In “Non mi stanco” le stonature di chitarra volute creano bene un’atmosfera notturna e sognante..

“Schiava di un’idea” calma le atmosfere lasciando spazio al quite jazz d’annata.

“L’immagine che a fronte a me si staglia non è mia” annuncia la canzone forse più autobiografica dell’album “Mia Identità” che apre bene alle ultime tre tracce.

Chiusura – meraviglia con “Svanita paura” … “vuoti di memoria a colmare spazi densi di ricordi sparsi in una scatola nera”.

Provo a spegnere il lettore, ma inevitabilmente mi trovo nuovamente la canzone d’inizio che non riesce ad uscire dalla testa.

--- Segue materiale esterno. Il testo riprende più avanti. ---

-- ===== src/Holder/LinkedList/Unlinked.antt =====
-- Writes that `remove` of array_linked_list.rs makes to the vector, slot by slot, and the ends of the
-- list once a cell is gone.
use persia.Base.{
  ℕ, ◌-◌, ◌≡◌, refl, sym, ap, ◌∙◌, ◌⊎◌, inl, inr, Bool, true, false, some, List, [], ◌∷◌, ◌++◌,
  arith, ◌==◌, ==_self, if◌then◌else◌, set, head_or,
}
use persia.Holder.LinkedList.{LinkedListNode, deleted, with_next, with_prev}
use persia.Holder.LinkedList.Chain.{Cells, slot, first_or, last_or, last_or-append}
use persia.Holder.LinkedList.Slots.{
  FreeSeg, relink, slot-set, slot-relink, slot-relink-some, slot_of_vacant,
}
use persia.Holder.LinkedList.Links.{Live, not_relinked}

module _ {A : Type 0} where
  -- The vector after `remove` of the slot `i` between the slots `p` and `q`.
  unfoldable pub unlinked :
      List (LinkedListNode A) → (i p q free_index : ℕ) → List (LinkedListNode A)
  unlinked els i p q free_index =
      relink
        (relink (relink (set els (i - 1) (deleted free_index)) q (with_prev p)) p (with_next q))
        free_index (with_prev i)

  pub kept :
      (o : LinkedListNode A) (n : LinkedListNode A) (b : Bool)
      → b ≡ false
      → some (if b then o else n) ≡ some n
  kept o n b h = rw h

  pub flipped :
      (f : LinkedListNode A → LinkedListNode A) (n : LinkedListNode A) (a b : ℕ)
      → some (if a == b then f n else n) ≡ some (if b == a then f n else n)
  flipped f n a b = ground arith

  module _ (els : List (LinkedListNode A)) (i p q free_index : ℕ) (m : LinkedListNode A)
      (here : slot els i ≡ some m) where
    -- A slot that is neither the removed one nor the first free one.
    unlinked-slot :
        (j : ℕ) (n : LinkedListNode A)
        → (i == j) ≡ false
        → (free_index == j) ≡ false
        → slot els j ≡ some n
        → (n' : LinkedListNode A) × (n' ≡ (if q == j then with_prev p n else n))
          × (slot (unlinked els i p q free_index) j ≡ some (if p == j then with_next q n' else n'))
    unfolding unlinked
    unlinked-slot j n other used e =
        let els1 = set els (i - 1) (deleted free_index) in
        let e1 : slot els1 j ≡ some n = slot-set els i j m (deleted free_index) here ∙ rw other e in
        let n1 = if q == j then with_prev p n else n in
        let n2 = if p == j then with_next q n1 else n1 in
        let e2 = slot-relink-some els1 q (with_prev p) j n e1 in
        let e3 = slot-relink-some (relink els1 q (with_prev p)) p (with_next q) j n1 e2 in
        (
          n1,
          refl,
          slot-relink-some (relink (relink els1 q (with_prev p)) p (with_next q)) free_index
                (with_prev i) j n2 e3
              ∙ kept (with_prev i n2) n2 (free_index == j) used,
        )

    pub unlinked_front :
        (j : ℕ) (n : LinkedListNode A)
        → (i == j) ≡ false
        → (free_index == j) ≡ false
        → (q == j) ≡ false
        → slot els j ≡ some n
        → slot (unlinked els i p q free_index) j ≡ some (if j == p then with_next q n else n)
    unlinked_front j n other used nq e =
        let (n', same, e') = unlinked-slot j n other used e in
        let same' : n' ≡ n = same ∙ rw nq refl in
        e'
        ∙ ap (λ k. some (if p == j then with_next q k else k)) same'
        ∙ flipped (with_next q) n p j

    pub unlinked_back :
        (j : ℕ) (n : LinkedListNode A)
        → (i == j) ≡ false
        → (free_index == j) ≡ false
        → (p == j) ≡ false
        → slot els j ≡ some n
        → slot (unlinked els i p q free_index) j ≡ some (if j == q then with_prev p n else n)
    unlinked_back j n other used np e =
        let (n', same, e') = unlinked-slot j n other used e in
        e' ∙ kept (with_next q n') n' (p == j) np ∙ ap some same ∙ flipped (with_prev p) n q j

    pub unlinked_here :
        (free_index == i) ≡ false
        → (p == i) ≡ false
        → (q == i) ≡ false
        → slot (unlinked els i p q free_index) i ≡ some (deleted free_index)
    unfolding unlinked
    unlinked_here nf np nq =
        let els1 = set els (i - 1) (deleted free_index) in
        let els2 = relink els1 q (with_prev p) in
        let els3 = relink els2 p (with_next q) in
        slot-relink els3 free_index (with_prev i) i
        ∙ not_relinked (slot els3 i) (with_prev i) free_index i nf
        ∙ slot-relink els2 p (with_next q) i
        ∙ not_relinked (slot els2 i) (with_next q) p i np
        ∙ slot-relink els1 q (with_prev p) i
        ∙ not_relinked (slot els1 i) (with_prev p) q i nq
        ∙ slot-set els i i m (deleted free_index) here
        ∙ rw ==_self refl

    -- The slots between which a live slot lies stay live.
    pub Live-set :
        (a : ℕ) (v : LinkedListNode A) → (i == a) ≡ false → Live els a → Live (set els (i - 1) v) a
    Live-set a v other (inl e) = inl e
    Live-set a v other (inr (n, e, live)) = inr (n, slot-set els i a m v here ∙ rw other e, live)

  pub Live-relink_prev :
      (els : List (LinkedListNode A)) (q v a : ℕ) → Live els a → Live (relink els q (with_prev v)) a
  Live-relink_prev els q v a (inl e) = inl e
  Live-relink_prev els q v a (inr (n, e, live)) = inr (
    (if q == a then with_prev v n else n),
    slot-relink-some els q (with_prev v) a n e,
    λ k. live (item_kept n v (q == a) ∙ k),
  )
    where
      item_kept :
          (n : LinkedListNode A) (v : ℕ) (b : Bool) → n.item ≡ (if b then with_prev v n else n).item
      item_kept n v true = refl
      item_kept n v false = refl

module _ {A : Type 0} where
  -- The ends of the list once the cell `c` is gone, where the code tests for an end of the chain.
  pub first_join :
      (ys zs : Cells A) (c : ℕ × A) (first : ℕ)
      → first ≡ first_or 0 (ys ++ c ∷ zs)
      → ((b : ℕ × A) (xs : Cells A) → ys ≡ b ∷ xs → (last_or b.0 xs == 0) ≡ false)
      → (if last_or 0 ys == 0 then first_or 0 zs else first) ≡ first_or 0 (ys ++ zs)
  first_join [] zs c first e nz = refl
  first_join (b ∷ ys) zs c first e nz = rw (nz b ys refl) e

  pub last_join :
      (ys zs : Cells A) (c : ℕ × A) (last : ℕ)
      → last ≡ last_or 0 (ys ++ c ∷ zs)
      → ((b : ℕ × A) (xs : Cells A) → zs ≡ b ∷ xs → (b.0 == 0) ≡ false)
      → (if first_or 0 zs == 0 then last_or 0 ys else last) ≡ last_or 0 (ys ++ zs)
  last_join ys [] c last e nz = sym (last_or-append 0 ys [])
  last_join ys (b ∷ zs) c last e nz =
      rw (nz b zs refl) (e ∙ last_or-append 0 ys (c ∷ b ∷ zs) ∙ sym (last_or-append 0 ys (b ∷ zs)))

  pub free_slot :
      (els : List (LinkedListNode A)) (free : List ℕ) (f : ℕ)
      → f ≡ head_or 0 free
      → FreeSeg els free
      → (f ≡ 0) ⊎ ((n : LinkedListNode A) × (slot els f ≡ some n))
  free_slot els [] f e s = inl e
  free_slot els (g ∷ free) f e s =
      let (n, found, _, _) = slot_of_vacant els g (head_or 0 free) s.0 in
      inr (n, ap (slot els) e ∙ found)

Lascio posto quindi ai pensieri, quelli veri e più semplici e mi riascolto questa nuova, intricata e dolce meraviglia.

Fusch! – Corinto (Jestrai)

Chi sono i Fusch e da quale pianeta provengono?

Forse non abitano così tanto lontano, sono una band lombarda di diversa estrazione che trova un punto di incontro, per questo primo album, Corinto, in quel di Bergamo.

Alla voce troviamo Amaury Cambuzat già Ulan Bator e Faust, Pier Mecca già Fiub, Mario Moleri e Mariateresa Regazzoni, mamma dei fratelli Ferrari, qui in veste di tastierista tra synth e rhodes.

L’album è un concentrato di suoni profondi e oscuri, dove la voce di Amaury, anche se quasi mai presente, tocca lentamente gli animi di chi ascolta, aprendo voragini incolmabili.

Nel disco troviamo la migliore new-wave, con virate sonore e dissonore, mescolate alle novità indie dell’ultimo periodo.

Baustelle, Verdena, Marlene Kuntz, Afterhours avvolti da suoni siderali, spogliati di qualsiasi parola, quasi inutile, quasi a dire non serve, io ti posso sfiorare anche solo facendoti ascoltare sovraincisioni di sintetizzatori vibranti cenere di una città inglese di fine ottocento.

Tanta è la bravura dei musicisti che ti sanno accompagnare in un viaggio tra le nuvole dove tutto può trasformarsi di colpo per lasciare spazio a ciò che è veramente importante.

Con Tropical Fish assistiamo a una cavalcata solare, mentre in Sento i suoni di fondo sono manipolati, looppati, estrapolati e condotti a Liquida in maniera egregia passando per la speranza in Girasole e trovando i Led Zappelin che stringono la mano ai Cure in Medicina Rossa.

Disco che lascia aperta la strada a nuove forme di sperimentazioni e che getta solide basi per creazioni future potendo pensare che in fin dei conti Corinto non è poi così lontana.